We all know that Set(Except their such implementation) doesn't guarantee of iteration ordering .So i tried to make sure this with below sample code .
public static void main(String[] args) throws InterruptedException {
Map<String,String> lMap=new HashMap<String, String>();
lMap.put("A", "A");
lMap.put("B", "B");
lMap.put("C", "C");
lMap.put("D", "D");
lMap.put("E", "E");
lMap.put("F", "F");
lMap.put("G", "G");
lMap.put("H", "H");
lMap.put("I", "I");
lMap.put("J", "J");
lMap.put("K", "K");
lMap.put("L", "L");
for(int i=0;i<10000;i++){
Thread.sleep(100);
Set<Entry<String, String>> entrYset=lMap.entrySet();
for(Map.Entry<String, String> e:entrYset){
System.out.println(e.getKey()+" , "+e.getValue());
}
System.out.println("******************************************************");
}
}
I executed above code many times and found that it is printing records in order.
My question is if java claims HashMap is unordered then why this records are printing in order . If someone can give me reason with example that would be great.

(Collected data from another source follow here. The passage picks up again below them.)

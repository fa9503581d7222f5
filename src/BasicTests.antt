-- ===== src/BasicTests.antt =====
-- The loops of basic_tests: busy.c, sev.c and wfe.c. The last two run on cores of their own.
use wfey.Prelude.{
  ℕ, ◌+◌, ◌≤◌, Bool, true, false, Option, none, some, List, [], ◌∷◌, ◌==◌, if◌then◌else◌, arith,
}
use wfey.Signal.{Hardware, sev, wfe}

-- `while (!val)` over what the reads of `val` give, and what `main` returns; none while it is in its loop.
unfoldable pub busy : List ℕ → Option ℕ
busy [] = none
busy (val ∷ reads) = if val == 0 then busy reads else some 1

-- The core that waits, and how often the bodies of the two endless loops were run.
pub record Bench : Type 0 where
  pub hw : Hardware
  pub sevs : ℕ
  pub wfes : ℕ

-- A round of sev.c; a try of wfe.c to end its `wfe`; an event from outside the tests.
pub data Round : Type 0 where
  send : Round
  wait : Round
  outside : Round

unfoldable pub round : Round → Bench → Bench
unfolding sev wfe
round send b = record b { hw = sev b.hw; sevs = b.sevs + 1 }
round wait b = elim (wfe b.hw) [ none ↦ b | some hw ↦ record b { hw = hw; wfes = b.wfes + 1 } ]
round outside b = record b { hw = sev b.hw }

unfoldable pub rounds : List Round → Bench → Bench
unfolding round
rounds [] b = b
rounds (r ∷ rs) b = rounds rs (round r b)

abbrev pub outsides : List Round → ℕ
outsides [] = 0
outsides (outside ∷ rs) = outsides rs + 1
outsides (_ ∷ rs) = outsides rs

abbrev pub bit : Bool → ℕ
bit true = 1
bit false = 0

rounds-balance :
    (rs : List Round) (b : Bench)
    → (rounds rs b).wfes + bit (rounds rs b).hw.event_register + b.sevs
      ≤ b.wfes + bit b.hw.event_register + (rounds rs b).sevs + outsides rs
unfolding rounds
rounds-balance [] b = omega arith
rounds-balance (send ∷ rs) b = ground (arith, rounds-balance rs (round send b))
rounds-balance (wait ∷ rs) b = ground (arith, rounds-balance rs (round wait b))
rounds-balance (outside ∷ rs) b = ground (arith, rounds-balance rs (round outside b))
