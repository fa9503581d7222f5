-- ===== src/Clock.antt =====
-- include/common.h: `ts_t`, `ts_now`, `ts_diff` and `NSEC_IN_SECOND`.
-- A `time_t` or a `long` is its 64-bit pattern, a number below 2 ^ 64.
use wfey.Prelude.{
  ℕ, ◌+◌, ◌-◌, ◌*◌, ◌%◌, ◌^◌, ◌<◌, ◌≡◌, Option, none, some, arith, ltb, if◌then◌else◌,
}

abbrev pub word : ℕ
word = 2 ^ 64

abbrev pub nsec_in_second : ℕ
nsec_in_second = 1_000_000_000

-- `struct timespec`
pub record Ts : Type 0 where
  pub tv_sec : ℕ
  pub tv_nsec : ℕ

-- The clock's answer is an argument: `none` where `clock_gettime` fails, and then nothing is written.
unfoldable pub ts_now : Option Ts → Ts → Ts
ts_now none ts = ts
ts_now (some now) ts = now

-- `a - b` on 64 bits
abbrev pub sub_64 : ℕ → ℕ → ℕ
sub_64 a b = (a + word - b % word) % word

unfoldable pub ts_diff : Ts → Ts → ℕ
ts_diff start end =
    (sub_64 end.tv_sec start.tv_sec * nsec_in_second + sub_64 end.tv_nsec start.tv_nsec) % word

-- The instant that a timespec stands for, in nanoseconds.
abbrev pub to_ns : Ts → ℕ
to_ns t = t.tv_sec * nsec_in_second + t.tv_nsec

-- A value that `clock_gettime` gives: the nanoseconds are a fraction of a second, and the instant fits an
-- `int64_t` of nanoseconds.
pub record IsClock (t : Ts) : Type 0 where
  pub fraction : t.tv_nsec < nsec_in_second
  pub fits : to_ns t < 2 ^ 63

-- For two instants of the clock, `ts_diff` is the nanoseconds from the first to the second if that is
-- not before it, and otherwise 2 ^ 64 less the nanoseconds back, the negative number's pattern.
pub ts_diff-eq :
    (start end : Ts)
    → IsClock start
    → IsClock end
    → ts_diff start end + to_ns start
      ≡ (if ltb (to_ns end) (to_ns start) then word + to_ns end else to_ns end)
unfolding ts_diff
ts_diff-eq start end hs he = ground arith
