-- ===== src/Config.antt =====
-- The macros that choose a build of wfey.c: BUSY_POLL, USE_DOORBELL and USE_MONITOR, as the five
-- targets of the Makefile set them.
use wfey.Prelude.{Bool, true, false}

pub record Config : Type 0 where
  pub busy_poll : Bool
  pub use_doorbell : Bool
  pub use_monitor : Bool

abbrev pub busypoll_nodb : Config
busypoll_nodb = record { busy_poll = true; use_doorbell = false; use_monitor = false }

abbrev pub busypoll_db : Config
busypoll_db = record { busy_poll = true; use_doorbell = true; use_monitor = false }

abbrev pub wfe_nodb : Config
wfe_nodb = record { busy_poll = false; use_doorbell = false; use_monitor = false }

abbrev pub wfe_db_nomon : Config
wfe_db_nomon = record { busy_poll = false; use_doorbell = true; use_monitor = false }

abbrev pub wfe_db_mon : Config
wfe_db_mon = record { busy_poll = false; use_doorbell = true; use_monitor = true }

The order is the same each time because the hash code of string doesn’t change and you are inserting the in the same order. Hashmap is deterministic, so if you create the same hashmap and insert things in the same order, you’ll always get a consistent ordering.
Hashmap doesn’t give any guarantee that this ordering will remain consistent. If you insert more items the the ordering may completely change as the hash table is rebuilt.